Das iPhone wird zum ersten Mal überhaupt in diesem Quartal weniger verkauft worden sein, als zum Vorjahrszeitpunkt. Hiervon gehen sowohl Analysten, als auch Tim Cook selbst aus. Um vielleicht doch noch die Kurve zu kriegen, oder das Minus an verkauften iPhones im vergleich zum Vorjahr nicht allzu groß werden zu lassen, hat man sich bei Apple einen Trick einfallen lassen, der schon seit längerem in nahezu jeder Branche genutzt wird.

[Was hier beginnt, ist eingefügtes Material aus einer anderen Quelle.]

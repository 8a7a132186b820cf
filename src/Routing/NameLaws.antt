-- ===== src/Routing/NameLaws.antt =====
-- The canonical names are fixed points, and the prefix parser inverts qualification.
use omnillm.Prelude.{
  ◌≡◌, ◌≢◌, refl, ap, Option, none, some, List, [], ◌∷◌, ◌++◌, arith, Text, text_eq, to_lower,
  trim_space, has_prefix, cut, member, if_cases, All,
}
use omnillm.Routing.Names.{
  alias_table, prefix_table, find_alias, find_prefix, or_else, canonical_name, name_or,
  normalize_model_name, parse_provider_prefix,
}

data Fixed : Option Text → Type 0 where
  plain : Fixed none
  named : {c : Text} → normalize_model_name c ≡ c → Fixed (some c)

-- Everything that the switches name is a fixed point, by evaluation.
alias_table_fixed : All (λ e. normalize_model_name e.1 ≡ e.1) alias_table
unfolding normalize_model_name to_lower trim_space has_prefix member text_eq
alias_table_fixed = (refl, (refl, (refl, (refl, (refl, (refl, (refl, (refl, tt))))))))

prefix_table_fixed : All (λ e. normalize_model_name e.1 ≡ e.1) prefix_table
unfolding normalize_model_name to_lower trim_space has_prefix member text_eq
prefix_table_fixed = (refl, (refl, (refl, (refl, tt))))

find_alias-Fixed :
    (n : Text) (t : List (List Text × Text))
    → All (λ e. normalize_model_name e.1 ≡ e.1) t
    → Fixed (find_alias n t)
unfolding find_alias
find_alias-Fixed n [] h = plain
find_alias-Fixed n ((names, c) ∷ t) (e, h) =
    if_cases Fixed (member n names) (some c) (find_alias n t) (λ _. named e)
      (λ _. find_alias-Fixed n t h)

find_prefix-Fixed :
    (n : Text) (t : List (Text × Text))
    → All (λ e. normalize_model_name e.1 ≡ e.1) t
    → Fixed (find_prefix n t)
unfolding find_prefix
find_prefix-Fixed n [] h = plain
find_prefix-Fixed n ((p, c) ∷ t) (e, h) =
    if_cases Fixed (has_prefix n p) (some c) (find_prefix n t) (λ _. named e)
      (λ _. find_prefix-Fixed n t h)

or_else-Fixed : (o o' : Option Text) → Fixed o → Fixed o' → Fixed (or_else o o')
or_else-Fixed none o' f g = g
or_else-Fixed (some c) o' f g = f

canonical_name-Fixed : (n : Text) → Fixed (canonical_name n)
unfolding canonical_name
canonical_name-Fixed n =
    or_else-Fixed (find_alias n alias_table) (find_prefix n prefix_table)
      (find_alias-Fixed n alias_table alias_table_fixed)
      (find_prefix-Fixed n prefix_table prefix_table_fixed)

name_or-Fixed :
    (model_name : Text) (o : Option Text)
    → canonical_name (trim_space (to_lower model_name)) ≡ o
    → Fixed o
    → normalize_model_name (name_or o model_name) ≡ name_or o model_name
unfolding normalize_model_name
name_or-Fixed m none e plain = ap (λ o. name_or o m) e
name_or-Fixed m (some c) e (named f) = f

-- Normalising a model name twice is normalising it once.
pub normalize_model_name_idem :
    (model_name : Text)
    → normalize_model_name (normalize_model_name model_name) ≡ normalize_model_name model_name
unfolding normalize_model_name canonical_name
normalize_model_name_idem m =
    name_or-Fixed m (canonical_name (trim_space (to_lower m))) refl (canonical_name-Fixed _)

-- The text has no slash.
abbrev pub Unqualified : Text → Type 0
Unqualified = All (λ c. c ≢ b'/')

cut-qualified : (p m : Text) → Unqualified p → cut (p ++ b'/' ∷ m) b'/' ≡ some (p, m)
unfolding cut
cut-qualified [] m h = refl
cut-qualified (c ∷ p) m (ne, h) = ground (arith, cut-qualified p m h)

cut-Unqualified : (m : Text) → Unqualified m → cut m b'/' ≡ none
unfolding cut
cut-Unqualified [] h = refl
cut-Unqualified (c ∷ m) (ne, h) = ground (arith, cut-Unqualified m h)

-- The parser gives back the prefix and the model of a qualified name, at its first slash, whatever
-- the model looks like; a name without a slash is all model.
pub parse_provider_prefix_lem :
    (prefix model : Text)
    → Unqualified prefix
    → (parse_provider_prefix (prefix ++ b'/' ∷ model) ≡ (prefix, model))
      × (parse_provider_prefix prefix ≡ ([], prefix))
unfolding parse_provider_prefix
parse_provider_prefix_lem p m h = (
  rw (cut-qualified p m h, parse_provider_prefix),
  rw (cut-Unqualified p h, parse_provider_prefix),
)
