-- ===== src/Routing/Order.antt =====
-- The order in which candidates are to be tried, written out, and the comparator of
-- `SortProvidersByPriority`.
use omnillm.Prelude.{
  ℕ, ◌<◌, ◌≡◌, ◌⊎◌, refl, ap, sym, ◌∙◌, Bool, true, false, not, List, [], ◌∷◌, Text, arith, ℤ, pos,
  negsuc, text_eq, lookup, insert, lookup-insert, Bool-cases, inl, inr, if◌then◌else◌, ltb, ◌==◌,
  ◌||◌, ◌&&◌,
}
use omnillm.Routing.References.{ProviderInstance, text_le}
use omnillm.Routing.Providers.{
  ModelProvider, or_default, priority_map, priority_of, int_lt, int_eq, provider_less,
}
use omnillm.Routing.Priorities.{IsOrdered}

abbrev pub IsBelow : ℤ → ℤ → Type 0
IsBelow (pos m) (pos n) = m < n
IsBelow (pos m) (negsuc n) = ⊥
IsBelow (negsuc m) (pos n) = Unit
IsBelow (negsuc m) (negsuc n) = n < m

-- The lexicographic order of byte strings.
abbrev pub IsUpTo : Text → Text → Type 0
IsUpTo [] t = Unit
IsUpTo (c ∷ s) [] = ⊥
IsUpTo (c ∷ s) (d ∷ t) = (c < d) ⊎ ((c ≡ d) × IsUpTo s t)

-- The priority in the last row of an ID, or the one given if there is no such row.
abbrev pub last_priority : ℤ → List ProviderInstance → Text → ℤ
last_priority default [] id = default
last_priority default (r ∷ rows) id =
    last_priority (if text_eq r.instance_id id then r.priority else default) rows id

-- One provider may stand before another: it has the smaller priority number, which is 0 without a
-- row, or the same and an instance ID up to the other's.
abbrev pub IsBefore : List ProviderInstance → ModelProvider → ModelProvider → Type 0
IsBefore rows p q =
    IsBelow (last_priority (pos 0) rows p.instance_id) (last_priority (pos 0) rows q.instance_id)
    ⊎ ((last_priority (pos 0) rows p.instance_id ≡ last_priority (pos 0) rows q.instance_id)
        × IsUpTo p.instance_id q.instance_id)

abbrev pub IsSorted : List ProviderInstance → List ModelProvider → Type 0
IsSorted rows [] = Unit
IsSorted rows (p ∷ []) = Unit
IsSorted rows (p ∷ q ∷ ps) = IsBefore rows p q × IsSorted rows (q ∷ ps)

int_lt-IsBelow : (m n : ℤ) → int_eq n m ≡ false → int_lt n m ≡ false → IsBelow m n
unfolding int_lt int_eq
int_lt-IsBelow (pos m) (pos n) e h = ground arith
int_lt-IsBelow (pos m) (negsuc n) e h = cc
int_lt-IsBelow (negsuc m) (pos n) e h = tt
int_lt-IsBelow (negsuc m) (negsuc n) e h = ground arith

int_eq-same : (m n : ℤ) → int_eq n m ≡ true → m ≡ n
unfolding int_eq
int_eq-same (pos m) (pos n) e = ap pos (ground arith)
int_eq-same (pos m) (negsuc n) e = cc
int_eq-same (negsuc m) (pos n) e = cc
int_eq-same (negsuc m) (negsuc n) e = ap negsuc (ground arith)

text_le-IsUpTo : (s t : Text) → text_le s t ≡ true → IsUpTo s t
unfolding text_le
text_le-IsUpTo [] t h = tt
text_le-IsUpTo (c ∷ s) [] h = cc
text_le-IsUpTo (c ∷ s) (d ∷ t) h = elim (below c d (text_le s t) h) [
  | inl l ↦ inl l
  | inr (e, k) ↦ inr (e, text_le-IsUpTo s t k)
]
  where
    below :
        (c d : ℕ) (b : Bool) → (ltb c d || (c == d && b)) ≡ true → (c < d) ⊎ ((c ≡ d) × (b ≡ true))
    below c d b h = ground arith

priority_map-last :
    (rows : List ProviderInstance) (m : List (Text × ℤ)) (id : Text)
    → or_default (lookup id (priority_map rows m))
      ≡ last_priority (or_default (lookup id m)) rows id
unfolding priority_map
priority_map-last [] m id = refl
priority_map-last (r ∷ rows) m id =
    priority_map-last rows (insert r.instance_id r.priority m) id
    ∙ ap (λ n. last_priority n rows id) (behind_insert r.instance_id r.priority)
  where
    behind_insert :
        (j : Text) (n : ℤ)
        → or_default (lookup id (insert j n m))
          ≡ (if text_eq j id then n else or_default (lookup id m))
    behind_insert j n = elim (Bool-cases (text_eq j id)) [
      | inl e ↦ rw (lookup-insert j id n m, e) refl
      | inr e ↦ rw (lookup-insert j id n m, e) refl
    ]

priority_of-last :
    (rows : List ProviderInstance) (id : Text) → priority_of rows id ≡ last_priority (pos 0) rows id
unfolding priority_of lookup
priority_of-last rows id = priority_map-last rows [] id

provider_less-IsBefore :
    (rows : List ProviderInstance) (p q : ModelProvider)
    → provider_less rows q p ≡ false
    → IsBefore rows p q
unfolding provider_less
provider_less-IsBefore rows p q h =
    rw (sym (priority_of-last rows p.instance_id), sym (priority_of-last rows q.instance_id))
      (by_test (priority_of rows p.instance_id) (priority_of rows q.instance_id) h)
  where
    by_test :
        (m n : ℤ)
        → (if not (int_eq n m) then int_lt n m else not (text_le p.instance_id q.instance_id))
          ≡ false
        → IsBelow m n ⊎ ((m ≡ n) × IsUpTo p.instance_id q.instance_id)
    by_test m n k = elim (Bool-cases (int_eq n m)) [
      | inl e ↦ inr (int_eq-same m n e, text_le-IsUpTo p.instance_id q.instance_id (ground arith))
      | inr e ↦ inl (int_lt-IsBelow m n e (ground arith))
    ]

pub IsOrdered-IsSorted :
    (rows : List ProviderInstance) (ps : List ModelProvider) → IsOrdered rows ps → IsSorted rows ps
IsOrdered-IsSorted rows [] h = tt
IsOrdered-IsSorted rows (p ∷ []) h = tt
IsOrdered-IsSorted rows (p ∷ q ∷ ps) (l, h) =
    (provider_less-IsBefore rows p q l, IsOrdered-IsSorted rows (q ∷ ps) h)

Apple versucht seine Mitarbeiter in den Apple Stores dazu zu bewegen, noch mehr iPhones zu verkaufen, um sich bezahlten Urlaub in Form einer Reise nach Cupertino als Hauptpreis zu sichern.

Daneben wird es auch andere Preise für besonders erfolgreiche Mitarbeiter bzw. Stores geben. Die Rangfolge bemisst sich jedoch nicht nur nach Verkauften iPhones, sondern auch nach der Kundenzufriedenheit, dem Verkauf von Zubehör und schließlich danach, wie oft das Upgrade Programm von den Kunden gebucht wurde.

Apple selbst möchte laut eigenen Aussagen mit der ergriffenen Maßnahme das iPhone “feiern”. Diese Aussage kauft man dem Unternehmen natürlich nicht ab, wenn man auf die Hintergründe schaut, die bereits dargelegt wurden. Auch die Angestellten der Stores wissen natürlich woher der Wind weht, ihnen kann es jedoch egal sein. Besonders strebsame Verkäufer werden ihr Bestes geben, um noch ein paar mehr iPhones als sonst an den Mann zu bringen.

Maßnahmen, um die Motivation der Mitarbeiter zu erhöhen, sind kein Novum. Ob in der Mobilfunkbranche oder bei Versicherungen, in verschwendeten Bereichen erhalten die Mitarbeiter Boni für besondere Leistungen. Es bleibt zu hoffen, dass durch die Motivationsspritze keine Übermotivation bei den Mitarbeitern einsetzt, die letztlich dazu führen, dass den Kunden iPhones “aufgeschwätzt” werden, nur um einen Verkauf mehr zu generieren.